Frank Lancaster Jones (born 1937) is an Australian sociologist specialising in social inequality, social stratification, social mobility, and national identity. He was Head of the Department of Sociology in the Research School of Social Sciences at the Australian National University (1972–2001) and has been the editor (1970–1972) and a co-editor (1990–1993) of the Australian and New Zealand Journal of Sociology (which became the Journal of Sociology). He was elected a Fellow of the Academy of the Social Sciences in Australia in 1974. During his career he played a pioneering role in the establishment and development of sociology in Australia.

==Early life and education==
Frank Lancaster Jones was born in 1937 in Newcastle, New South Wales. In 1957 he received a Bachelor of Arts with Honours degree in anthropology from the University of Sydney, where he was a lively student. Encouraged by John Arundel Barnes, who at the time was the chair of anthropology at the University of Sydney, Jones moved to the Australian National University. At the Australian National University he worked as a research assistant to Jerzy Zubrzycki and began a Doctor of Philosophy degree in demography under Zubrzycki's supervision. His thesis was on the Italian population of Carlton, a suburb of Melbourne, and in the course of his study he relocated to Melbourne. He received his PhD degree in 1962.

==Career==
Having been awarded an Australian National University Travelling Fellowship, Jones then spent some time at the London School of Economics. After a year in the United Kingdom, Jones returned to Australia in 1963 and took up an appointment at the newly established Department of Sociology in the Research School of Social Sciences at the Australian National University. He was to spend the rest of his career at the Australian National University. He was appointed Professor of Sociology and Head of the Department of Sociology in 1972, remaining in these positions until his retirement in 2001.

Jones was the editor of the Australian and New Zealand Journal of Sociology (which was to become the Journal of Sociology) between 1970 and 1972. Together with Barry Hindess, he was a co-editor of the same journal between 1990 and 1993. During his career Jones also acted as a consultant to government commissions and programs on a range of issues, including Aboriginal affairs, city development, multiculturalism, and education.

==Research==
Jones' research has focused on social inequality, social stratification and mobility (especially with regard to occupational and ethnic stratification), and national identity.

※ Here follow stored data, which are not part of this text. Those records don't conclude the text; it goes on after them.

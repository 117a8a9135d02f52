-- ===== src/AccessTokens/RoundTrip.antt =====
-- A new token and the credential that its user is given: src/domain/access_tokens.py.
use qnsc_kb_backend.Prelude.{
  ℕ, ◌+◌, ◌*◌, ◌≤◌, ◌<◌, String, ◌≡◌, refl, sym, ap, ◌∙◌, inl, inr, Bool, true, false, none, some,
  List, [], ◌∷◌, ◌++◌, arith, ltb, nat_beq, lt→ltb, le→leb, Bool-cases, &&-eq-true, any, ◌==◌,
  nat_eq, string_eq, option_eq, find, find-append, elem, eq_iff,
}
use Prim.Native.String.{count, slice}
use text.Mathlib.TextPositions.{starts_with-append}
use text.Mathlib.TextLemmas.{length-append}
use qnsc_kb_backend.AccessTokens.{
  PersonalAccessToken, Owner, looks_like_token, is_live, matches, principal, admit,
  authenticate_token, create_token, new_token, token_prefix_text, clamp_days, day, scopes,
}

any-weaken :
    {A : Type 0} (p q : A → Bool)
    → ((a : A) → q a ≡ true → p a ≡ true)
    → (xs : List A) → any p xs ≡ false
    → any q xs ≡ false
any-weaken p q k [] h = refl
any-weaken p q k (x ∷ xs) h = elim (Bool-cases (q x)) [
  | inl e ↦ absurd (cc (rw (k x e) at h))
  | inr e ↦ elim (Bool-cases (p x)) [
    | inl d ↦ absurd (cc (rw (d) at h))
    | inr d ↦ rw (e) (any-weaken p q k xs (rw (d) at h))
  ]
]

-- A token lives for at least a day.
clamp_days-lifetime :
    (max_days days now later : ℕ) → later < now + day → later < now + clamp_days max_days days * day
unfolding clamp_days
clamp_days-lifetime max_days days now later h =
    let least : 1 ≤ clamp_days max_days days = omega arith in omega arith

new_token-looks :
    (random : String) → count random ≤ 122 → looks_like_token (some (new_token random)) ≡ true
unfolding looks_like_token new_token
new_token-looks random h =
    let size = length-append token_prefix_text random in
    rw (looks_like_token, starts_with-append token_prefix_text random, size)
      (le→leb _ 128 (omega (arith, h)))

module _ (hash fold trim : String → String) where
  find_created :
      (later : ℕ) (raw : String) (rows : List PersonalAccessToken) (item : PersonalAccessToken)
      → any (λ t. t.token_hash == hash raw) rows ≡ false
      → matches hash later raw item ≡ true
      → find (matches hash later raw) (rows ++ item ∷ []) ≡ some item
  unfolding matches
  find_created later raw rows item fresh m =
      let unmatched =
        any-weaken (λ t. t.token_hash == hash raw) (matches hash later raw)
          (λ t h. (&&-eq-true (t.token_hash == hash raw) (is_live later t) h).0) rows fresh in
      find-append (matches hash later raw) rows (item ∷ []) unmatched ∙ (rw (m) refl)

  admit-principal :
      (later : ℕ) (users : List Owner) (rows : List PersonalAccessToken)
      (item : PersonalAccessToken) (user : Owner)
      → find (λ u. nat_beq u.id item.user_id) users ≡ some user
      → user.active ≡ true
      → (admit fold later users rows item).1 ≡ some (principal fold item user)
  unfolding admit
  admit-principal later users rows item user f a = rw (admit, f, a) refl

  create_token_ok :
      (max_days now id user_id : ℕ) (random name scope : String) (days : ℕ)
      (rows rows' : List PersonalAccessToken) (item : PersonalAccessToken) (raw : String)
      → create_token hash trim max_days now id user_id random name scope days rows
        ≡ some (rows', item, raw)
      → (raw ≡ new_token random)
        × (rows' ≡ rows ++ item ∷ [])
        × (item.id ≡ id)
        × (item.user_id ≡ user_id)
        × (item.token_hash ≡ hash (new_token random))
        × (item.scope ≡ scope)
        × (item.expires_at ≡ now + clamp_days max_days days * day)
        × (item.revoked_at ≡ none)
  unfolding create_token new_token
  create_token_ok max_days now id user_id random name scope days rows rows' item raw h =
      elim (Bool-cases (elem scope scopes)) [
        | inr e ↦ absurd (cc (rw (create_token, e) at h))
        | inl e ↦
            let made : PersonalAccessToken = record {
              id = id;
              user_id = user_id;
              name = trim name;
              token_prefix = slice (new_token random) 0 10;
              token_hash = hash (new_token random);
              scope = scope;
              expires_at = now + clamp_days max_days days * day;
              last_used_at = none;
              revoked_at = none;
            } in
            let same : some (rows ++ made ∷ [], made, new_token random) ≡ some (rows', item, raw) =
              rw (create_token, e) at h in
            let pair : (rows ++ made ∷ [], made, new_token random) ≡ (rows', item, raw) = cc same in
            let q : made ≡ item =
              ap (λ (x : List PersonalAccessToken × PersonalAccessToken × String). x.1) pair in
            let l : rows' ≡ rows ++ made ∷ [] =
              sym
                (ap (λ (x : List PersonalAccessToken × PersonalAccessToken × String). x.0) pair) in
            let t : raw ≡ new_token random =
              sym
                (ap (λ (x : List PersonalAccessToken × PersonalAccessToken × String). x.2) pair) in
            rw (← q) (t, l, refl, refl, refl, refl, refl, refl)
      ]

  -- The raw value that the creation of a token returns authenticates as its user with the token's
  -- scope, for a day at least, when the random part has at most 122 characters (it has 43), no older
  -- token has the same hash, and the user is found and active.
  pub created_token-authenticates :
      (max_days now later id user_id : ℕ) (random name scope : String) (days : ℕ)
      (rows rows' : List PersonalAccessToken) (item : PersonalAccessToken) (raw : String)
      (users : List Owner) (user : Owner)
      → create_token hash trim max_days now id user_id random name scope days rows
        ≡ some (rows', item, raw)
      → count random ≤ 122
      → any (λ t. t.token_hash == hash raw) rows ≡ false
      → later < now + day
      → find (λ u. nat_beq u.id user_id) users ≡ some user
      → user.active ≡ true
      → (authenticate_token hash fold later users (some raw) rows').1
        ≡ some (record {
          token_id = id;
          user_id = user.id;
          email = fold user.email;
          auth_version = user.auth_version;
          scope = scope;
        })
  unfolding authenticate_token matches is_live principal
  created_token-authenticates max_days now later id user_id random name scope days rows rows' item
        raw users user h short fresh soon f a =
      let (t, e, i, u, k0, s, x, r) =
        create_token_ok max_days now id user_id random name scope days rows rows' item raw h in
      let k : item.token_hash ≡ hash raw = rw (t) k0 in
      let looks : looks_like_token (some raw) ≡ true = rw (t) (new_token-looks random short) in
      let lives : later < item.expires_at =
        rw (x) (clamp_days-lifetime max_days days now later soon) in
      let same_hash : (item.token_hash == hash raw) ≡ true =
        (eq_iff item.token_hash (hash raw)).1 k in
      let live : ltb later item.expires_at ≡ true = lt→ltb later item.expires_at lives in
      let m : matches hash later raw item ≡ true = rw (matches, same_hash, is_live, r, live) refl in
      let found = find_created later raw rows item fresh m in
      rw (authenticate_token, looks, e, found)
        (admit-principal later users rows' item user (rw (u) f) a ∙ rw (principal, i, s) refl)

His research is generally based on the analysis of large-scale, survey data using quantitative research methods.

==Honours==
Jones was elected a Fellow of the Academy of the Social Sciences in Australia in 1974.

==Selected bibliography==

===Social inequality, stratification, and mobility===
- Featherman, David L. (1975). "Assumptions of social mobility research in the U.S.: The case of occupational status"
- Broom, Leonard (1976). "Opportunity and Attainment in Australia"
- Jones, F. L. (1986). "Models of Society: Class, Stratification and Gender in Australia and New Zealand"
- Jones, F. L. (1992). "Common social fluidity: A comment on recent criticisms"

===Occupational status scales===
- Jones, F. L. (1989). "Occupational prestige in Australia: A new scale"
- Jones, F. L. (2001). "Scoring occupational categories for social research: A review of current practice, with Australian examples"
- McMillan, Julie (2009). "The AUSEI06: A new socioeconomic index for Australia"

===Ethnicity and national identity===
- Broom, Leonard (1973). "A Blanket a Year"
- Jones, F. L. (1996). "Convergence and divergence in ethnic divorce patterns: A research note"
- Jones, F. L. (1996). "Post-war patterns of intermarriage in Australia: the Mediterranean experience"
- Jones, F. L. (1997). "Ethnic diversity and national identity"
- Jones, Frank L. (2001). "Diversity and commonality in national identities: An exploratory analysis of cross-national patterns?"
- Jones, F. L. (2001). "Individual and societal bases of national identity: A comparative multi-level analysis"

===Decomposing differences between groups===
- Jones, F. L. (1983). "On decomposing the wage gap: A critical comment on Blinder's method"
- Jones, F. L. (1984). "Decomposing differences between groups: A cautionary note on measuring discrimination"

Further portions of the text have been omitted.